───── DATA FOR REVIEW ─────
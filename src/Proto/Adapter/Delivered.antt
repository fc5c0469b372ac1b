-- ===== src/Proto/Adapter/Delivered.antt =====
-- src/proto/stream.rs: no byte of the stream is lost, repeated or moved, and the end comes last.
use newppp.Prelude.{
  ℕ, suc, ◌+◌, ◌≤◌, ◌<◌, ◌≡◌, refl, sym, ap, ◌∙◌, Bool, true, false, if◌then◌else◌, List, [], ◌∷◌,
  ◌++◌, length, take, drop, arith, All, append_assoc, append-nil, length-drop, inl, inr, ◌⊎◌, zero,
}
use newppp.Proto.Adapter.{
  Item, not_yet, chunk, broken, Poll, ready, StreamAsRead, new, hand_out, poll_stream, from_buf,
  poll_read, handed_out, polls, bytes_of, content, weight_of, weight,
}

-- What one poll does: no byte is lost, and it goes on, or there is nothing left.
record Advances (before : List ℕ) (heavy : ℕ) (r : StreamAsRead × Poll) : Type 0 where
  kept : handed_out r.1 ++ content r.0 ≡ before
  lighter : (weight r.0 < heavy) ⊎ (before ≡ [])
  ends : r.1 ≡ ready [] → before ≡ []

take-drop : (n : ℕ) (b : List ℕ) → take n b ++ drop n b ≡ b
take-drop zero b = refl
take-drop (suc n) [] = refl
take-drop (suc n) (x ∷ b) = ap (◌∷◌ x) (take-drop n b)

take-some : (n b : ℕ) (bs : List ℕ) → 0 < n → ¬ (take n (b ∷ bs) ≡ [])
take-some zero b bs h e = omega (arith, h)
take-some (suc n) b bs h e = cc e

ready_bytes : {xs ys : List ℕ} → ready xs ≡ ready ys → xs ≡ ys
ready_bytes e = ap handed_out e

hand_out-Advances :
    (n : ℕ) (stream : List Item) (b : ℕ) (bs : List ℕ) (done : Bool) (rest : List ℕ)
    → 0 < n
    → rest ≡ (if done then [] else bytes_of stream)
    → Advances
        ((b ∷ bs) ++ rest)
        (suc (length bs) + (if done then 0 else weight_of stream))
        (hand_out n stream (b ∷ bs) done)
hand_out-Advances n stream b bs done rest h e = record {
  kept = rw e (
      sym (append_assoc (take n (b ∷ bs)) (drop n (b ∷ bs)) (if done then [] else bytes_of stream))
      ∙ ap (λ l. l ++ (if done then [] else bytes_of stream)) (take-drop n (b ∷ bs)));
  lighter = inl (ground (arith, length-drop n (b ∷ bs)));
  ends = λ no_bytes. absurd (take-some n b bs h (ready_bytes no_bytes));
}

poll_stream-Advances :
    (n : ℕ) (stream : List Item)
    → 0 < n
    → Advances (bytes_of stream) (weight_of stream) (poll_stream n stream)
unfolding poll_stream
poll_stream-Advances n [] h = record { kept = refl; lighter = inr refl; ends = λ e. refl }
poll_stream-Advances n (not_yet ∷ stream) h = record {
  kept = refl;
  lighter = inl (omega arith);
  ends = λ e. absurd (cc e);
}
poll_stream-Advances n (broken ∷ stream) h = record {
  kept = refl;
  lighter = inl (omega arith);
  ends = λ e. absurd (cc e);
}
poll_stream-Advances n (chunk [] ∷ stream) h =
    let later = poll_stream-Advances n stream h in
    record { kept = later.kept; lighter = ground (arith, later.lighter); ends = later.ends }
poll_stream-Advances n (chunk (b ∷ bs) ∷ stream) h =
    let here = hand_out-Advances n stream b bs false (bytes_of stream) h refl in
    record { kept = here.kept; lighter = ground (arith, here.lighter); ends = here.ends }

from_buf-Advances :
    (n : ℕ) (stream : List Item) (buf : List ℕ) (done : Bool)
    → 0 < n
    → Advances
        (content (record { stream = stream; buf = buf; done = done }))
        (weight (record { stream = stream; buf = buf; done = done }))
        (from_buf n stream buf done)
from_buf-Advances n stream (b ∷ bs) done h =
    hand_out-Advances n stream b bs done (if done then [] else bytes_of stream) h refl
from_buf-Advances n stream [] true h = record { kept = refl; lighter = inr refl; ends = λ e. refl }
from_buf-Advances n stream [] false h =
    let later = poll_stream-Advances n stream h in
    record { kept = later.kept; lighter = ground (arith, later.lighter); ends = later.ends }

poll_read-Advances :
    (n : ℕ) (a : StreamAsRead) → 0 < n → Advances (content a) (weight a) (poll_read n a)
unfolding poll_read
poll_read-Advances n a h = from_buf-Advances n a.stream a.buf a.done h

append-empty : (xs ys : List ℕ) → xs ++ ys ≡ [] → (xs ≡ []) × (ys ≡ [])
append-empty [] ys h = (refl, h)
append-empty (x ∷ xs) ys h = absurd (cc h)

-- Each poll makes the adapter lighter, or it has nothing left.
empty-polls :
    (ns : List ℕ) (a : StreamAsRead)
    → All (λ n. 0 < n) ns
    → content a ≡ []
    → content (polls ns a).1 ≡ []
unfolding polls
empty-polls [] a h e = e
empty-polls (n ∷ ns) a h e =
    let now = poll_read-Advances n a h.0 in
    empty-polls ns (poll_read n a).0 h.1
      (append-empty (handed_out (poll_read n a).1) (content (poll_read n a).0) (now.kept ∙ e)).1

weightless : (stream : List Item) → weight_of stream ≡ 0 → bytes_of stream ≡ []
weightless [] h = refl
weightless (chunk b ∷ stream) h = absurd (omega (arith, h))
weightless (not_yet ∷ stream) h = absurd (omega (arith, h))
weightless (broken ∷ stream) h = absurd (omega (arith, h))

weightless-content :
    (stream : List Item) (buf : List ℕ) (done : Bool)
    → weight (record { stream = stream; buf = buf; done = done }) ≡ 0
    → content (record { stream = stream; buf = buf; done = done }) ≡ []
weightless-content stream (b ∷ bs) done h = absurd (omega (arith, h))
weightless-content stream [] true h = refl
weightless-content stream [] false h = weightless stream (omega (arith, h))

polls-content :
    (ns : List ℕ) (a : StreamAsRead)
    → All (λ n. 0 < n) ns
    → ((polls ns a).0 ++ content (polls ns a).1 ≡ content a)
      × (weight a ≤ length ns → content (polls ns a).1 ≡ [])
unfolding polls
polls-content [] a h = (refl, λ few. weightless-content a.stream a.buf a.done (omega (arith, few)))
polls-content (n ∷ ns) a h =
    let now = poll_read-Advances n a h.0 in
    let rest = polls-content ns (poll_read n a).0 h.1 in
    (
      append_assoc (handed_out (poll_read n a).1) (polls ns (poll_read n a).0).0
            (content (polls ns (poll_read n a).0).1)
          ∙ (ap (λ l. handed_out (poll_read n a).1 ++ l) rest.0 ∙ now.kept),
      λ enough. elim now.lighter [
        | inl less ↦ rest.1 (omega (arith, less, enough))
        | inr nothing ↦
            empty-polls ns (poll_read n a).0 h.1
              (append-empty (handed_out (poll_read n a).1) (content (poll_read n a).0)
                (now.kept ∙ nothing)).1
      ],
    )

-- With room in every poll, and whatever the cuts, the waiting and the errors of the stream: after as many
-- polls as the stream has bytes and items, or once a further poll answers the end of the input, what
-- the polls have handed out, in their order, is all that the stream had.
pub polls-whole :
    (ns : List ℕ) (stream : List Item) (next : ℕ)
    → All (λ n. 0 < n) ns
    → 0 < next
    → (weight_of stream ≤ length ns) ⊎ ((poll_read next (polls ns (new stream)).1).1 ≡ ready [])
    → (polls ns (new stream)).0 ≡ bytes_of stream
polls-whole ns stream next h room over =
    let (whole, none_left) = polls-content ns (new stream) h in
    let nothing : content (polls ns (new stream)).1 ≡ [] = elim over [
      | inl enough ↦ none_left (omega (arith, enough))
      | inr end ↦ (poll_read-Advances next (polls ns (new stream)).1 room).ends end
    ] in
    sym (append-nil (polls ns (new stream)).0)
    ∙ (ap (λ l. (polls ns (new stream)).0 ++ l) (sym nothing) ∙ whole)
─────
» **WHAT YOU SHOULD DO**
From the entries above, write out only the lines starting at the line that holds "inr nothing ↦" and ending at the line that holds "stream)).1).1 ≡ ready [])", keeping both and matching them exactly.

» **SOLUTION FOR THIS PROBLEM**
        | inr nothing ↦
            empty-polls ns (poll_read n a).0 h.1
              (append-empty (handed_out (poll_read n a).1) (content (poll_read n a).0)
                (now.kept ∙ nothing)).1
      ],
    )

-- With room in every poll, and whatever the cuts, the waiting and the errors of the stream: after as many
-- polls as the stream has bytes and items, or once a further poll answers the end of the input, what
-- the polls have handed out, in their order, is all that the stream had.
pub polls-whole :
    (ns : List ℕ) (stream : List Item) (next : ℕ)
    → All (λ n. 0 < n) ns
    → 0 < next
    → (weight_of stream ≤ length ns) ⊎ ((poll_read next (polls ns (new stream)).1).1 ≡ ready [])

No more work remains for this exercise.